Utilities for findsim
FindSim provides a variety of tools:
- to simulate and test experiments (in both, single and batch mode)
- single- and multi-parameter sensitivity analysis and,
- model optimization
- runAllParallel.py :
This program is useful to find out how a given model works against a range of experiments. This script runs the findSim program on all experiments (codified as tsv files) in the specified directory and computes scores to indicate how well the simulations fit the experimental data. The program then prints out basic stats of the scores. Since there are likely to be multiple tsv files pertaining to any given model, the program is able to run all these in parallel on multicore machines. Even your laptop is probably a multicore machine.
- basicParameterSweep.py :
This program is useful for initial explorations of parameter space, and parameter sensitivity analysis. This program launches a parameter sweep, that is a systematic scan through parameter space for a model. It runs the findSim program on all experiments (codified into tsv files) in the specified directory, and repeats all this for each combination of parameters. It computes the mean score of all experiments for each parameter setting and presents the "best" (parameter, score) along with next-best flanking parameters. It can do this in parallel on a multicore machine, using Python's multiprocessing library. parallel on a multicore machine.
- Brent_minimization.py :
This program is useful to explore how a single parameter (representing, say, a mutation) may affect system behaviour. This program does a single-parameter optimization using Brent's method. It runs the findSim program on all tsv files in the specified directory with modifications of the selected parameter. It computes the weighted score for each run as the return value for the minimization function. While the Brent algorithm is serial, it supports parallelization as follows: one typically has large numbers of tsv files (experiments) to constrain each model. Thus there may be several indvidual tsv calculations for each step that can be done in parallel.
- multi_param_minimization.py :
This program is useful to 'improve' a model by comparing it systematically to all the relevant experiments, and tweaking parameters.

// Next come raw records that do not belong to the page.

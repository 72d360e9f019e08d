-- ===== src/Tapfd/Response/RoundTrip.antt =====
-- What a provider answers on a failure is read back by the receiver.
use connector.Base.{
  ℕ, ◌+◌, ◌<◌, ◌≡◌, refl, ap, ◌∙◌, Bool, false, ◌&&◌, some, [], ◌∷◌, ◌++◌, Result, ok, Bytes, arith,
  ◌==◌, All, ensure-ok, refuse-ok, ltb, length, Bool-cases, inl, inr,
}
use connector.Text.{
  codes, fields, trim_space, trim_left, trim_right, is_space, is_empty, cut, has_byte,
}
use connector.Text.Words.{IsSolid, fields-word, fields-trim_space}
use connector.Tapfd.Request.{request_version}
use connector.Tapfd.Response.{
  ResponseError, ok_prefix, build_ok_response, strip_ok_response, sanitized, sanitize_token,
  default_to, provider_internal, err_line, build_error_response, take_error_tokens,
  parse_error_tokens, parse_error_response, with_code, empty_payload, not_terminated, too_long,
  max_payload_size,
}

-- ASCII, and neither a vertical tab nor a form feed. Behind ASCII, Go's `strings.Fields` splits a text at
-- white space that `sanitizeToken` lets pass.
abbrev pub IsTame : ℕ → Type 0
IsTame c = (c < 128) × ((c == 11) ≡ false) × ((c == 12) ≡ false)

All-trim_left : (P : ℕ → Type 0) (s : Bytes) → All P s → All P (trim_left s)
All-trim_left P [] h = h
All-trim_left P (c ∷ cs) (h, hs) = elim (Bool-cases (is_space c)) [
  | inl e ↦ rw e (All-trim_left P cs hs)
  | inr e ↦ rw e (h, hs)
]

All-trim_right : (P : ℕ → Type 0) (p : ℕ → Bool) (s : Bytes) → All P s → All P (trim_right p s)
All-trim_right P p [] h = h
All-trim_right P p (c ∷ cs) (h, hs) = elim (Bool-cases (p c && is_empty (trim_right p cs))) [
  | inl e ↦ rw e tt
  | inr e ↦ rw e (h, All-trim_right P p cs hs)
]

sanitized-IsSolid : (s : Bytes) → All IsTame s → IsSolid (sanitized s)
sanitized-IsSolid [] h = tt
sanitized-IsSolid (c ∷ cs) (h, hs) = (ground arith, sanitized-IsSolid cs hs)

sanitize_token-IsSolid : (s : Bytes) → All IsTame s → IsSolid (sanitize_token s)
unfolding sanitize_token trim_space
sanitize_token-IsSolid s h =
    sanitized-IsSolid (trim_right is_space (trim_left s))
      (All-trim_right IsTame is_space (trim_left s) (All-trim_left IsTame s h))

default_to-IsSolid : (d s : Bytes) → IsSolid d → IsSolid s → IsSolid (default_to d s)
default_to-IsSolid d [] h k = h
default_to-IsSolid d (c ∷ cs) h k = k

default_to_twice : (d s : Bytes) → default_to d (default_to d s) ≡ default_to d s
default_to_twice [] [] = refl
default_to_twice (x ∷ xs) [] = refl
default_to_twice d (c ∷ cs) = refl

fields-err_line :
    (code message : Bytes)
    → IsSolid code
    → IsSolid message
    → fields (err_line code message)
      ≡ request_version ∷ codes "ERR" ∷ (codes "code=" ++ code) ∷ (codes "message=" ++ message) ∷ []
fields-err_line code message hc hm =
    fields-word request_version _ b' ' (ground arith) refl refl
    ∙ ap (λ r. request_version ∷ r)
        (fields-word (codes "ERR") _ b' ' (ground arith) refl refl
          ∙ ap (λ r. codes "ERR" ∷ r)
              (fields-word (codes "code=" ++ code) _ b' ' (ground (arith, hc)) refl refl
                ∙ ap (λ r. (codes "code=" ++ code) ∷ r)
                    (fields-word (codes "message=" ++ message) [] b'\n' (ground (arith, hm)) refl
                        refl
                      ∙ ap (λ r. (codes "message=" ++ message) ∷ r) no_fields)))
  where
    no_fields : fields [] ≡ []
    no_fields = unfold fields in refl

take_error_tokens-two :
    (code message : Bytes)
    → take_error_tokens
        ((codes "code=" ++ code) ∷ (codes "message=" ++ message) ∷ [])
        (record { code = []; message = [] })
      ≡ ok (with_code (record { code = code; message = message }))
unfolding take_error_tokens cut
take_error_tokens-two code message = refl

parse_error_response-err_line :
    (code message : Bytes)
    → IsSolid code
    → IsSolid message
    → parse_error_response (err_line code message)
      ≡ some (ok (with_code (record { code = code; message = message })))
parse_error_response-err_line code message hc hm =
    as_error code message
    ∙ ap (λ ts. some (parse_error_tokens ts))
        (fields-trim_space (err_line code message) ∙ fields-err_line code message hc hm)
    ∙ ap some (take_error_tokens-two code message)
  where
    as_error :
        (code message : Bytes)
        → parse_error_response (err_line code message)
          ≡ some (parse_error_tokens (fields (trim_space (err_line code message))))
    as_error code message = unfold parse_error_response trim_space in refl

-- For a code and a message in ASCII with no vertical tab and no form feed, the receiver takes the
-- provider's error line for one and reads from it the two texts as they were sanitised, or the defaults where
-- nothing was left of them.
pub build_error_response-parse :
    (code message : Bytes)
    → All IsTame code
    → All IsTame message
    → parse_error_response (build_error_response code message)
      ≡ some (
          ok (record {
            code = default_to provider_internal (sanitize_token code);
            message = default_to (codes "error") (sanitize_token message);
          }))
unfolding build_error_response
build_error_response-parse code message hc hm =
    parse_error_response-err_line _ _
      (default_to-IsSolid provider_internal _ (ground arith) (sanitize_token-IsSolid code hc))
      (default_to-IsSolid (codes "error") _ (ground arith) (sanitize_token-IsSolid message hm))
    ∙ ap
        (λ c.
          some (
            ok
              (record { code = c; message = default_to (codes "error") (sanitize_token message) })))
        (default_to_twice provider_internal (sanitize_token code))

pub build_ok_response-strip :
    (payload sent : Bytes)
    → build_ok_response payload ≡ ok sent
    → strip_ok_response sent ≡ ok payload
unfolding build_ok_response
build_ok_response-strip payload sent h =
    let (some_bytes, h1) = refuse-ok (is_empty payload) empty_payload _ h in
    let (_, h2) = ensure-ok (has_byte 0 payload) not_terminated _ h1 in
    let (_, h3) =
      refuse-ok (ltb max_payload_size (length ok_prefix + length payload)) too_long _ h2 in
    stripped payload sent some_bytes h3
  where
    stripped :
        (payload sent : Bytes)
        → is_empty payload ≡ false
        → ◌≡◌ {A = Result ResponseError Bytes} (ok (ok_prefix ++ payload)) (ok sent)
        → strip_ok_response sent ≡ ok payload
    stripped [] sent f h = cc
    stripped (c ∷ cs) sent f h =
        let same : sent ≡ ok_prefix ++ c ∷ cs = cc in
        ap strip_ok_response same ∙ unfold strip_ok_response in refl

Beware: if you have a bad model (which is incorrect about key biological interactions) then no amount of parameter tweaking will give you a good model!
This program does a multi-parameter optimization using the Python implementation of the BGFR method with bounds. Like the Brent minimization, it runs the findSim program on all tsv files in the specified directory. It computes the weighted score for each run as the return value for the minimization function, which the BGFR algorithm then uses to choose its next test point. While the BGFR algorithm is serial, the _multi_param_minimization_ program supports parallelization as follows: one typically has large numbers of tsv files (experiments) to constrain each model. Thus there may be several indvidual tsv calculations for each step that can be done in parallel. This is highly advisable for this program because multi-parameter optimization usually requires hundreds of individual FindSim runs.
There are many caveats to using multi-parameter optimization: the method is prone to getting stuck in local minima, you should NOT use too many parameters, you SHOULD set bounds to allowed parameters (which we do here), and so on. Most importantly, I remind you: A bad model cannot be parameter-tweaked into a good one.